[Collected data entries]
------------------------
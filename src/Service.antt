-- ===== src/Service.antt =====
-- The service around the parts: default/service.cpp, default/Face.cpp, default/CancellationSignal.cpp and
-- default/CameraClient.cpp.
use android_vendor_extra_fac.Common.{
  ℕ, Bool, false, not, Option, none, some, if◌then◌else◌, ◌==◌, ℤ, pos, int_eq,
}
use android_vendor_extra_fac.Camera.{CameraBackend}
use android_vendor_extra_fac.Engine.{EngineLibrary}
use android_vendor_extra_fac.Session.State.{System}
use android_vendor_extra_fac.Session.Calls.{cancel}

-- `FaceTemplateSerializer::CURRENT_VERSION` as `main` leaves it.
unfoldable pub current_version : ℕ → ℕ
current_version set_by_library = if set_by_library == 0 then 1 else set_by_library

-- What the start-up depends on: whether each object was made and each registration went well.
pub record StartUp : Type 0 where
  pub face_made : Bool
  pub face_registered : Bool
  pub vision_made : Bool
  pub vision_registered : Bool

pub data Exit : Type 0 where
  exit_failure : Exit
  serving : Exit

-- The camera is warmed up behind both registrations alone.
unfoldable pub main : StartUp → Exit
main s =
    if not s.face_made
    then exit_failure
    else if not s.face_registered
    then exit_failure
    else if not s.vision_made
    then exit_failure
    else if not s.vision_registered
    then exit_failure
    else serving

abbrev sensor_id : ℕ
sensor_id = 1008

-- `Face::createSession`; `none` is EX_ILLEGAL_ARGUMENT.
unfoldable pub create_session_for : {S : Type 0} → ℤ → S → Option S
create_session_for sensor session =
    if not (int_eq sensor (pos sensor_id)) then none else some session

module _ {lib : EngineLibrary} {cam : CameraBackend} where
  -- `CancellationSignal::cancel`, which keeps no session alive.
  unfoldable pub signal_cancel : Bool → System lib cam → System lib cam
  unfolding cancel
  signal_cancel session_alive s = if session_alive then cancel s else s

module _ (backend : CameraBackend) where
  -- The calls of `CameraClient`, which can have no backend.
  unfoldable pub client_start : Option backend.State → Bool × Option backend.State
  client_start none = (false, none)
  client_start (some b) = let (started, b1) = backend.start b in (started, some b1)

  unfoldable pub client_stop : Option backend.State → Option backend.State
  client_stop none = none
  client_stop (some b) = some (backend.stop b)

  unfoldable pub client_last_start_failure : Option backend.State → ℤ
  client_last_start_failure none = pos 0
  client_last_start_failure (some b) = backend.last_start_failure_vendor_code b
------------------------
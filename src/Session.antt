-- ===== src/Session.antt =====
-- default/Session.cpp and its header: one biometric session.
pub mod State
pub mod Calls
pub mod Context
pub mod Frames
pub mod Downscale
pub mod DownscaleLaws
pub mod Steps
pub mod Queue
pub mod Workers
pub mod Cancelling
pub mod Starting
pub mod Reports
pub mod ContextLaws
------------------------
Task details: Begin at the line that has "exit_failure : Exit" in the entries above; stop after the line that has "unfolding cancel". Transcribe exactly those lines and no others.

Expected output:
  exit_failure : Exit
  serving : Exit

-- The camera is warmed up behind both registrations alone.
unfoldable pub main : StartUp → Exit
main s =
    if not s.face_made
    then exit_failure
    else if not s.face_registered
    then exit_failure
    else if not s.vision_made
    then exit_failure
    else if not s.vision_registered
    then exit_failure
    else serving

abbrev sensor_id : ℕ
sensor_id = 1008

-- `Face::createSession`; `none` is EX_ILLEGAL_ARGUMENT.
unfoldable pub create_session_for : {S : Type 0} → ℤ → S → Option S
create_session_for sensor session =
    if not (int_eq sensor (pos sensor_id)) then none else some session

module _ {lib : EngineLibrary} {cam : CameraBackend} where
  -- `CancellationSignal::cancel`, which keeps no session alive.
  unfoldable pub signal_cancel : Bool → System lib cam → System lib cam
  unfolding cancel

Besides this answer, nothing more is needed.